Autechre's show at Pure in Manchester last week was a mixture of the brilliant and the bloody stupid.
Tumbling
The hour-long set was grounded in hypnotic loops and much more beaty than new album Oversteps. We had rasping snares for the first five minutes, persistent knocking, and taps all over the place. The music sounded like it was literally tumbling out of the speakers.
The first half of the set was fractured, gloomy and, in true Autechre style, awkward. As the mid-point loomed, we began to get more melancholic chords.
And then, after some 4:4 rave masculinity (you don't get much thump-thump-thump normally), the beats seemed to kick in more. Or maybe I was just into the groove by then. They certainly saved their heaviest sounds for the second half.
Desolate
It was a desolate performance, the darkness deepened by the band's usual insistence that the flashy lights be turned off
(see photo!), and it ended in a mass of wailing noise and, at the very climax, a mess of percussion.
It's the Autechre I've known and loved a long time, and for about 20 minutes, I was totally immersed in every intricacy.
I can't produce a track list. There was some Oversteps in there, but I get the impression they were going with the flow. Anyone waiting for a record-perfect rendition of Arch Carrier would be disappointed, but then again anyone wanting that has probably never seen Autechre before.
Painful
The support was superb too. Didjit diddled around with hip hop before extreme noise experimentalist
Russell Haswell threw 15 minutes of painful circuit bending at the crowd.
As a gig performance, Haswell's screeching, white noise and frequency murder only served to annoy. I did hear a friend claim this was music from the future, only to get a reply from a random punter, "yeah, only after everyone was dead and buried, then someone shat on a keyboard".
But as a performance of sound sculpture, it delighted the geeky bit of me that has spent many hours building noises from sine waves.
Meanwhile, Gescom collaborator
Rob Hall's DJ set was the most straightforward thing of the evening. Proper, solid techno with a 1990s focus and ending with a stupendous remix of LFO's Freak.
Stupid
So that's the brilliance taken care of. This brings me to the other element of the night: the bloody stupid bit. This can be summed up with one four-letter word: Pure.
Who chose Pure as a venue? Come on. Own up. The airport style scanners were bad enough: they insisted on beeping for everybody, so we all got some lecherous thug giving us the pat-down.
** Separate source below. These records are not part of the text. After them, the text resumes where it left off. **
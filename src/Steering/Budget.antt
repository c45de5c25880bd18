-- ===== src/Steering/Budget.antt =====
-- How many tokens `steer_prefill_chunks` (puls-engine/core/steering.cpp) assigns, and to whom.
use puls_rfc.Prelude.{
  ℕ, zero, suc, ◌+◌, ◌*◌, ◌≤◌, ◌<◌, ◌≡◌, refl, ◌⊎◌, inl, inr, true, false, some, List, [], ◌∷◌, map,
  arith, length, sum_by, set, get_elem?, All, All-get, Option-cases, ◌∙◌, length-map, subst, sym,
  ap, some-injective,
}
use native.Mathlib.Decide.{dec_le}
use puls_rfc.Double.{Double, IsOrdered}
use puls_rfc.OperatingPoint.{OperatingPoint}
use puls_rfc.Steering.Decode.{far, dist}
use puls_rfc.Steering.Prefill.{
  PrefillReq, Assigned, prefill_ideal, choose_token, prefill_loop, steer_prefill_chunks,
}
use puls_rfc.Steering.Chunks.{IsOpen, depth, chunk_sum, choose_token-some, choose_token-none}

-- Nothing is assigned beyond the prompt.
abbrev pub IsCovered : Assigned → Type 0
IsCovered s = (s.1 ≡ 0) ⊎ (s.0.processed + s.1 ≤ s.0.prompt)

-- Beside its request, no chunk goes beyond the prompt.
abbrev pub AreCovered : List PrefillReq → List ℕ → Type 0
AreCovered (x ∷ xs) (c ∷ cs) = IsCovered (x, c) × AreCovered xs cs
AreCovered _ _ = Unit {0}

-- Beside its request, every chunk completes the prompt.
abbrev pub AreComplete : List PrefillReq → List ℕ → Type 0
AreComplete (x ∷ xs) (c ∷ cs) = (x.prompt ≤ x.processed + c) × AreComplete xs cs
AreComplete _ _ = Unit {0}

abbrev requests : List Assigned → List PrefillReq
requests = map (λ s. s.0)

abbrev chunks_of : List Assigned → List ℕ
chunks_of = map (λ s. s.1)

chunk_sum-set :
    (rows : List Assigned) (i : ℕ) (x : PrefillReq) (c : ℕ)
    → get_elem? rows i ≡ some (x, c)
    → chunk_sum (set rows i (x, c + 1)) ≡ chunk_sum rows + 1
chunk_sum-set [] i x c h = absurd (cc)
chunk_sum-set (y ∷ ys) zero x c h = ground arith
chunk_sum-set (y ∷ ys) (suc i) x c h = omega (arith, chunk_sum-set ys i x c h)

requests-set :
    (rows : List Assigned) (i : ℕ) (x : PrefillReq) (c : ℕ)
    → get_elem? rows i ≡ some (x, c)
    → map (λ s. s.0) (set rows i (x, c + 1)) ≡ map (λ s. s.0) rows
requests-set [] i x c h = refl
requests-set (y ∷ ys) zero x c h =
    ap (λ z. z.0 ∷ map (λ s. s.0) ys) (sym (some-injective y (x, c) h))
requests-set (y ∷ ys) (suc i) x c h = ap (◌∷◌ y.0) (requests-set ys i x c h)

All-set :
    (P : Assigned → Type 0) (xs : List Assigned) (i : ℕ) (x : Assigned)
    → All P xs
    → P x
    → All P (set xs i x)
All-set P [] i x h p = tt
All-set P (y ∷ ys) zero x h p = (p, h.1)
All-set P (y ∷ ys) (suc i) x h p = (h.0, All-set P ys i x h.1 p)

All-of-get :
    (P : Assigned → Type 0) (xs : List Assigned)
    → ((j : ℕ) (y : Assigned) → get_elem? xs j ≡ some y → P y)
    → All P xs
All-of-get P [] h = tt
All-of-get P (x ∷ xs) h = (h 0 x refl, All-of-get P xs (λ j. h (suc j)))

covered_rows :
    (rows : List Assigned)
    → All IsCovered rows
    → AreCovered (map (λ s. s.0) rows) (map (λ s. s.1) rows)
covered_rows [] h = tt
covered_rows (r ∷ rs) h = (h.0, covered_rows rs h.1)

complete_rows :
    (rows : List Assigned)
    → All (λ s. s.0.prompt ≤ s.0.processed + s.1) rows
    → AreComplete (map (λ s. s.0) rows) (map (λ s. s.1) rows)
complete_rows [] h = tt
complete_rows (r ∷ rs) h = (h.0, complete_rows rs h.1)

sum-chunks : (rows : List Assigned) → sum_by (λ c. c) (map (λ s. s.1) rows) ≡ chunk_sum rows
sum-chunks [] = refl
sum-chunks (r ∷ rs) = omega (arith, sum-chunks rs)

start_requests : (pool : List PrefillReq) → requests (map (λ x. (x, 0)) pool) ≡ pool
start_requests [] = refl
start_requests (x ∷ xs) = ap (◌∷◌ x) (start_requests xs)

start_good :
    (top : ℕ) (pool : List PrefillReq)
    → All (λ x. x.prompt ≤ top) pool
    → All (λ (s : Assigned). IsCovered s × (s.0.prompt ≤ top)) (map (λ x. (x, 0)) pool)
start_good top [] h = tt
start_good top (x ∷ xs) h = ((inl refl, h.0), start_good top xs h.1)

start_sum : (pool : List PrefillReq) → chunk_sum (map (λ x. (x, 0)) pool) ≡ 0
start_sum [] = refl
start_sum (x ∷ xs) = omega (arith, start_sum xs)

module _ {W : Type 0} ⦃d : Double W⦄ (op : OperatingPoint W) where
  -- Up to the depth `top`, every depth lies within the first `best_dist`, 1e18, of every ideal that
  -- the loop can reach.
  abbrev pub DepthsInRange : ℕ → Type 0
  DepthsInRange top =
      (left work n : ℕ)
      → 0 < left
      → work ≤ op.prefill_tokens * top
      → n ≤ top
      → d.lt (dist (prefill_ideal op left work) n) far ≡ true

  module _ (laws : IsOrdered W) (top : ℕ) (range : DepthsInRange top) where
    abbrev Outcome : ℕ → List Assigned → List Assigned → Type 0
    Outcome left rows rows' =
        (requests rows' ≡ requests rows)
        × All IsCovered rows'
        × ((chunk_sum rows' ≡ chunk_sum rows + left)
            ⊎ (chunk_sum rows' ≤ chunk_sum rows + left)
              × All (λ s. s.0.prompt ≤ s.0.processed + s.1) rows')

    -- A row is covered, and its prompt is no longer than `top`.
    abbrev IsGood : Assigned → Type 0
    IsGood s = IsCovered s × (s.0.prompt ≤ top)

    IsCovered-of : (rows : List Assigned) → All IsGood rows → All IsCovered rows
    IsCovered-of [] h = tt
    IsCovered-of (r ∷ rs) h = (h.0.0, IsCovered-of rs h.1)

    prefill_loop_lem :
        (left work : ℕ) (rows : List Assigned)
        → work + left * top ≤ op.prefill_tokens * top
        → All IsGood rows
        → Outcome left rows (prefill_loop op left work rows)
    unfolding prefill_loop
    prefill_loop_lem zero work rows room h = (refl, IsCovered-of rows h, inl (omega arith))
    prefill_loop_lem (suc left) work rows room h =
        elim (Option-cases (choose_token op (suc left) work rows)) [
          | inl e ↦
              rw (e, prefill_loop)
                (
                  refl,
                  IsCovered-of rows h,
                  inr (
                    omega arith,
                    All-of-get _ rows (λ j y at.
                        complete y (choose_token-none op laws (suc left) work rows e j y at)
                          (All-get IsGood rows j y h at).1),
                  ),
                )
          | inr (p, e) ↦
              let (at, open_row, why) = choose_token-some op laws (suc left) work rows p e in
              let x = p.1.0 in
              let c = p.1.1 in
              let rows' = set rows p.0 (x, c + 1) in
              let small : x.prompt ≤ top = (All-get IsGood rows p.0 p.1 h at).1 in
              let (same, covered, done) =
                prefill_loop_lem left (work + (x.processed + (c + 1))) rows' (omega arith)
                  (All-set IsGood rows p.0 (x, c + 1) h (inr (omega arith), small)) in
              let one = chunk_sum-set rows p.0 x c at in
              rw (e, prefill_loop)
                (
                  same ∙ requests-set rows p.0 x c at,
                  covered,
                  elim done [
                    | inl full ↦ inl (omega arith)
                    | inr (few, all) ↦ inr (omega arith, all)
                  ],
                )
        ]
      where
        complete :
            (y : Assigned)
            → (IsOpen y → d.lt (dist (prefill_ideal op (suc left) work) (depth y)) far ≡ false)
            → y.0.prompt ≤ top
            → y.0.prompt ≤ y.0.processed + y.1
        complete y far_off small = elim (dec_le y.0.prompt (y.0.processed + y.1)) [
          | yes done ↦ done
          | no more ↦
              let near =
                range (suc left) work (depth y) (omega arith) (omega arith) (omega arith) in
              let off = far_off (omega arith) in absurd (ground arith)
        ]

    -- One chunk for each request, none beyond its prompt. The chunks use up the token budget, unless
    -- they complete every prompt. This is for prompts up to `top`, with every depth up to `top` in
    -- range of the loop's first `best_dist`.
    pub steer_prefill_chunks_lem :
        (pool : List PrefillReq)
        → All (λ x. x.prompt ≤ top) pool
        → let chunks = steer_prefill_chunks op pool in
          (length chunks ≡ length pool)
          × AreCovered pool chunks
          × ((sum_by (λ c. c) chunks ≡ op.prefill_tokens)
              ⊎ (sum_by (λ c. c) chunks ≤ op.prefill_tokens) × AreComplete pool chunks)
    unfolding steer_prefill_chunks
    steer_prefill_chunks_lem pool small =
        let start : List Assigned = map (λ x. (x, 0)) pool in
        let rows = prefill_loop op op.prefill_tokens 0 start in
        let (same, covered, done) =
          prefill_loop_lem op.prefill_tokens 0 start (omega arith) (start_good top pool small) in
        let whole : requests rows ≡ pool = same ∙ start_requests pool in
        (
          length-map (λ (s : Assigned). s.1) rows
              ∙ sym (length-map (λ (s : Assigned). s.0) rows)
              ∙ ap length whole,
          subst (λ ps. AreCovered ps (chunks_of rows)) whole (covered_rows rows covered),
          elim done [
            | inl full ↦ inl (omega (arith, sum-chunks rows, start_sum pool))
            | inr (few, all) ↦ inr (
              omega (arith, sum-chunks rows, start_sum pool),
              subst (λ ps. AreComplete ps (chunks_of rows)) whole (complete_rows rows all),
            )
          ],
        )
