-- ===== src/Sim/Lifecycle/Disjoint.antt =====
-- What the two chunk batches of a round of puls-engine/sim/lifecycle.cpp assign, and what becomes of
-- the prefills.
use puls_rfc.Prelude.{
  ℕ, ◌+◌, ◌≤◌, ◌<◌, ◌≡◌, refl, ◌⊎◌, inl, inr, Bool, true, false, List, [], ◌∷◌, ◌++◌, map, arith,
  ltb, leb, length, replicate, sum_by, All, All-append, length-append, Bool-cases, length-map,
  length-replicate, ◌∙◌,
}
use puls_rfc.Double.{Double, IsOrdered}
use puls_rfc.OperatingPoint.{OperatingPoint}
use puls_rfc.Steering.{PrefillReq, steer_prefill_chunks}
use puls_rfc.Steering.Budget.{AreCovered, DepthsInRange, steer_prefill_chunks_lem}
use puls_rfc.Sim.Lifecycle.Prefill.{
  SimPrefill, prefill_reqs, progress, hand_over, pf_steer_once, prefill_batches,
}

-- A request of the pool still has prompt tokens to process, and its prompt is no longer than `top`.
abbrev pub IsOpen : ℕ → SimPrefill → Type 0
IsOpen top q = (q.processed < q.prompt) × (q.prompt ≤ top)

abbrev pub IsFinished : SimPrefill → Type 0
IsFinished q = q.processed ≡ q.prompt

-- Beside its request, at most one of the two chunks is not 0, and none goes beyond the prompt. There
-- is a chunk of each batch for every request.
abbrev pub AreDisjoint : List SimPrefill → List ℕ → List ℕ → Type 0
AreDisjoint [] [] [] = Unit {0}
AreDisjoint (q ∷ qs) (c1 ∷ cs1) (c2 ∷ cs2) =
    ((c1 ≡ 0) ⊎ (c2 ≡ 0)) × (q.processed + (c1 + c2) ≤ q.prompt) × AreDisjoint qs cs1 cs2
AreDisjoint _ _ _ = ⊥

length-prefill_reqs :
    (ms : List Bool) (qs : List SimPrefill)
    → length ms ≡ length qs
    → length (prefill_reqs ms qs) ≡ length qs
unfolding prefill_reqs
length-prefill_reqs [] [] e = refl
length-prefill_reqs [] (q ∷ qs) e = absurd (omega arith)
length-prefill_reqs (m ∷ ms) [] e = absurd (omega arith)
length-prefill_reqs (m ∷ ms) (q ∷ qs) e = omega (arith, length-prefill_reqs ms qs (omega arith))

reqs-small :
    (top : ℕ) (ms : List Bool) (qs : List SimPrefill)
    → All (IsOpen top) qs
    → All (λ (x : PrefillReq). x.prompt ≤ top) (prefill_reqs ms qs)
unfolding prefill_reqs
reqs-small top [] qs h = tt
reqs-small top (m ∷ ms) [] h = tt
reqs-small top (true ∷ ms) (q ∷ qs) h = (h.0.1, reqs-small top ms qs h.1)
reqs-small top (false ∷ ms) (q ∷ qs) h = (h.0.1, reqs-small top ms qs h.1)

covered-AreDisjoint :
    (top : ℕ) (qs : List SimPrefill) (cs1 cs2 : List ℕ)
    → All (IsOpen top) qs
    → length cs1 ≡ length qs
    → length cs2 ≡ length qs
    → AreCovered (prefill_reqs (replicate (length qs) false) qs) cs1
    → AreCovered (prefill_reqs (map (ltb 0) cs1) qs) cs2
    → AreDisjoint qs cs1 cs2
unfolding prefill_reqs
covered-AreDisjoint top [] [] [] open_ e1 e2 h1 h2 = tt
covered-AreDisjoint top [] (c ∷ cs) cs2 open_ e1 e2 h1 h2 = absurd (omega arith)
covered-AreDisjoint top [] [] (c ∷ cs2) open_ e1 e2 h1 h2 = absurd (omega arith)
covered-AreDisjoint top (q ∷ qs) [] cs2 open_ e1 e2 h1 h2 = absurd (omega arith)
covered-AreDisjoint top (q ∷ qs) (c1 ∷ cs1) [] open_ e1 e2 h1 h2 = absurd (omega arith)
covered-AreDisjoint top (q ∷ qs) (c1 ∷ cs1) (c2 ∷ cs2) open_ e1 e2 h1 h2 =
    elim (Bool-cases (ltb 0 c1)) [
      | inl some_ ↦
          let (one, rest) = rw some_ at h2 in
          let zero_ : c2 ≡ 0 = elim one [ inl z ↦ z | inr le ↦ omega arith ] in
          let fits : q.processed + c1 ≤ q.prompt = elim h1.0 [
            | inl z ↦ omega (arith, open_.0.0)
            | inr le ↦ le
          ] in
          (
            inr zero_,
            omega arith,
            covered-AreDisjoint top qs cs1 cs2 open_.1 (omega arith) (omega arith) h1.1 rest,
          )
      | inr none_ ↦
          let (two, rest) = rw none_ at h2 in
          let zero_ : c1 ≡ 0 = ground arith in
          let fits : q.processed + c2 ≤ q.prompt = elim two [
            | inl z ↦ omega (arith, open_.0.0)
            | inr le ↦ le
          ] in
          (
            inl zero_,
            omega arith,
            covered-AreDisjoint top qs cs1 cs2 open_.1 (omega arith) (omega arith) h1.1 rest,
          )
    ]

module _ {W : Type 0} ⦃d : Double W⦄ (op : OperatingPoint W) (laws : IsOrdered W) (top : ℕ) where
  -- The two prefill batches of a round assign tokens to different requests, none beyond its prompt, and
  -- at most `prefill_tokens` each. This is for a pool of unfinished requests with prompts up to `top`,
  -- and every depth up to `top` in range of the steering's first `best_dist`.
  pub prefill_batches-AreDisjoint :
      (pf : List SimPrefill)
      → DepthsInRange op top
      → All (IsOpen top) pf
      → (let (one, two) = prefill_batches op pf in
          AreDisjoint pf one.chunks two.chunks
          × (sum_by (λ c. c) one.chunks ≤ op.prefill_tokens)
          × (sum_by (λ c. c) two.chunks ≤ op.prefill_tokens))
  unfolding prefill_batches pf_steer_once
  prefill_batches-AreDisjoint pf range open_ =
      let blank = replicate (length pf) false in
      let reqs1 = prefill_reqs blank pf in
      let chunks1 = steer_prefill_chunks op reqs1 in
      let reqs2 = prefill_reqs (map (ltb 0) chunks1) pf in
      let chunks2 = steer_prefill_chunks op reqs2 in
      let (len1, cov1, sum1) =
        steer_prefill_chunks_lem op laws top range reqs1 (reqs-small top blank pf open_) in
      let (len2, cov2, sum2) =
        steer_prefill_chunks_lem op laws top range reqs2
          (reqs-small top (map (ltb 0) chunks1) pf open_) in
      let size1 = len1 ∙ length-prefill_reqs blank pf (length-replicate (length pf) false) in
      let size2 =
        len2 ∙ length-prefill_reqs (map (ltb 0) chunks1) pf (length-map (ltb 0) chunks1 ∙ size1) in
      (
        covered-AreDisjoint top pf chunks1 chunks2 open_ size1 size2 cov1 cov2,
        elim sum1 [ inl e ↦ omega arith | inr h ↦ h.0 ],
        elim sum2 [ inl e ↦ omega arith | inr h ↦ h.0 ],
      )

-- Progress by disjoint chunks leaves no request beyond its prompt.
pub progress-le :
    (top : ℕ) (qs : List SimPrefill) (cs1 cs2 : List ℕ)
    → All (IsOpen top) qs
    → AreDisjoint qs cs1 cs2
    → All (λ (q : SimPrefill). (q.processed ≤ q.prompt) × (q.prompt ≤ top)) (progress cs1 cs2 qs)
unfolding progress
progress-le top [] [] [] h dis = tt
progress-le top [] [] (c ∷ cs2) h dis = tt
progress-le top [] (c ∷ cs1) [] h dis = tt
progress-le top [] (c ∷ cs1) (c2 ∷ cs2) h dis = tt
progress-le top (q ∷ qs) [] cs2 h dis = absurd dis
progress-le top (q ∷ qs) (c ∷ cs1) [] h dis = absurd dis
progress-le top (q ∷ qs) (c1 ∷ cs1) (c2 ∷ cs2) h dis = elim (Bool-cases (ltb 0 (c1 + c2))) [
  | inl some_ ↦ rw (some_, progress) ((dis.1, h.0.1), progress-le top qs cs1 cs2 h.1 dis.2)
  | inr none_ ↦ rw (none_, progress) ((omega arith, h.0.1), progress-le top qs cs1 cs2 h.1 dis.2)
]

pub length-progress :
    (cs1 cs2 : List ℕ) (qs : List SimPrefill) → length (progress cs1 cs2 qs) ≡ length qs
unfolding progress
length-progress [] cs2 qs = refl
length-progress (c ∷ cs1) [] qs = refl
length-progress (c1 ∷ cs1) (c2 ∷ cs2) [] = refl
length-progress (c1 ∷ cs1) (c2 ∷ cs2) (q ∷ qs) = omega (arith, length-progress cs1 cs2 qs)

-- The hand-over splits the pool: what stays is unfinished, what joins the others is finished.
pub hand_over_lem :
    (top : ℕ) (qs ready : List SimPrefill)
    → All (λ (q : SimPrefill). (q.processed ≤ q.prompt) × (q.prompt ≤ top)) qs
    → All IsFinished ready
    → (let (keep, ready') = hand_over qs ready in
        All (IsOpen top) keep
        × All IsFinished ready'
        × (length keep + length ready' ≡ length qs + length ready)
        × (length keep ≤ length qs))
unfolding hand_over
hand_over_lem top [] ready h done = (tt, done, refl, omega arith)
hand_over_lem top (q ∷ qs) ready h done = elim (Bool-cases (leb q.prompt q.processed)) [
  | inl finished ↦
      let (keep, rest, n, fewer) =
        hand_over_lem top qs (ready ++ q ∷ []) h.1
          (All-append IsFinished ready (q ∷ []) done (ground arith, tt)) in
      rw (finished, hand_over)
        (keep, rest, omega (arith, n, length-append ready (q ∷ [])), omega (arith, fewer))
  | inr more ↦
      let (keep, rest, n, fewer) = hand_over_lem top qs ready h.1 done in
      rw (more, hand_over)
        (((ground arith, h.0.1), keep), rest, omega (arith, n), omega (arith, fewer))
]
Then you had to exchange your ticket stub for a paper ticket which was then exchanged for an ink stamp, all within the space of about four yards. It was, quite simply, silly.
The moaning of the venue staff was nearly enough to dampen the atmosphere (you can guess Pure's level of awfulness by the number of Basshunter posters advertising a 'meet-and-greet' for £15), but then you had to cope with finding an exact sweet spot to listen to the finer bleeps of Autechre's music.
Anyone outside that zone, which must have been most of the venue, would only have heard a muffled fog of meh.
Rough
There are rough recordings of the gig
here and
somewhere in here. They're great if you like listening to your favourite band and someone else's conversation at the same time.
Meanwhile, do read this
guide to enjoying a concert performed by Autechre by a reluctant fan, which contains the joyful line: "Listening to their music takes a lot of mental energy and can be slightly agitating."